◆ Problem to work on
Give the number of lines in the records below that include "zero". Reply with that number alone.
── Supplied data ──
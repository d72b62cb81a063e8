-- ===== src/Fs/Recovery.antt =====
-- The commit and the recovery of kern/log.c, as the writes that they make to the disk in order. A
-- crash keeps a prefix of them.
pub mod Header
pub mod Writes
pub mod Crash
pub mod Order
use wei_os.Common.{
  ℕ, zero, suc, ◌+◌, ◌*◌, ◌/◌, ◌%◌, ◌^◌, List, [], ◌∷◌, ◌++◌, map, drop, length, get_or,
}
use wei_os.Fs.{Block, update}
use wei_os.Fs.Bitmap.{word}

abbrev pub Disk : Type 0
Disk = ℕ → Block

abbrev pub run_writes : List (ℕ × Block) → Disk → Disk
run_writes [] d = d
run_writes (w ∷ ws) d = run_writes ws (update d w.0 w.1)

-- The four bytes of a little-endian word.
abbrev pub word_bytes : ℕ → List ℕ
word_bytes w = w % 256 ∷ w / 256 % 256 ∷ w / 65536 % 256 ∷ w / 16777216 % 256 ∷ []

abbrev pub words_bytes : List ℕ → List ℕ
words_bytes [] = []
words_bytes (w ∷ ws) = word_bytes w ++ words_bytes ws

-- The header block after `write_log_header`, from its old content: `nblks` and as many numbers.
unfoldable pub header_block : List ℕ → Block → Block
header_block nos old = words_bytes (length nos ∷ nos) ++ drop (4 * (length nos + 1)) old

-- The loop of `read_log_header` with `k` numbers left, from byte `at` on.
unfoldable pub header_words : ℕ → ℕ → Block → List ℕ
header_words zero at c = []
header_words (suc k) at c = word c at ∷ header_words k (at + 4) c

unfoldable pub read_log_header : Block → List ℕ
unfolding header_words
read_log_header c = header_words (word c 0) 4 c

-- The blocks of the log area, from its block `i` on, with the content of the blocks they stand for.
unfoldable pub log_writes : ℕ → ℕ → List ℕ → (ℕ → Block) → List (ℕ × Block)
log_writes start i [] cached = []
log_writes start i (n ∷ nos) cached =
    (start + i + 1, cached n) ∷ log_writes start (i + 1) nos cached

unfoldable pub home_writes : List ℕ → (ℕ → Block) → List (ℕ × Block)
home_writes [] cached = []
home_writes (n ∷ nos) cached = (n, cached n) ∷ home_writes nos cached

-- The writes of `write_log_blk`. Its `bread` of each logged block, whose buffer is dirty, writes that
-- block to its home location; the blocks of the log area follow.
unfoldable pub write_log_blk : ℕ → List ℕ → (ℕ → Block) → List (ℕ × Block)
unfolding home_writes log_writes
write_log_blk start nos cached = home_writes nos cached ++ log_writes start 0 nos cached

-- The writes of `commit` behind `write_log_blk` and the first `write_log_header`, with the home writes in
-- the order of the log. The queue of the disk may serve these in another order; Order is about any.
unfoldable pub install : ℕ → List ℕ → (ℕ → Block) → Block → List (ℕ × Block)
unfolding home_writes header_block
install start nos cached header = home_writes nos cached ++ ((start, header_block [] header) ∷ [])

-- The writes of `commit` for the logged blocks `nos`; it does nothing without one.
unfoldable pub commit : ℕ → List ℕ → (ℕ → Block) → Disk → List (ℕ × Block)
unfolding write_log_blk install header_block
commit start [] cached d = []
commit start (n ∷ nos) cached d =
    let header = header_block (n ∷ nos) (d start) in
    write_log_blk start (n ∷ nos) cached
    ++ ((start, header) ∷ install start (n ∷ nos) cached header)

-- The writes of `keep_consistent_on_disk(1)`: what stands in the log area goes home.
unfoldable pub reinstall : ℕ → ℕ → List ℕ → Disk → List (ℕ × Block)
reinstall start i [] d = []
reinstall start i (n ∷ nos) d = (n, d (start + i + 1)) ∷ reinstall start (i + 1) nos d

unfoldable pub recover_from_log : ℕ → Disk → Disk
unfolding read_log_header reinstall header_block
recover_from_log start d =
    let d' = run_writes (reinstall start 0 (read_log_header (d start)) d) d in
    update d' start (header_block [] (d' start))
───
◆ Reply
2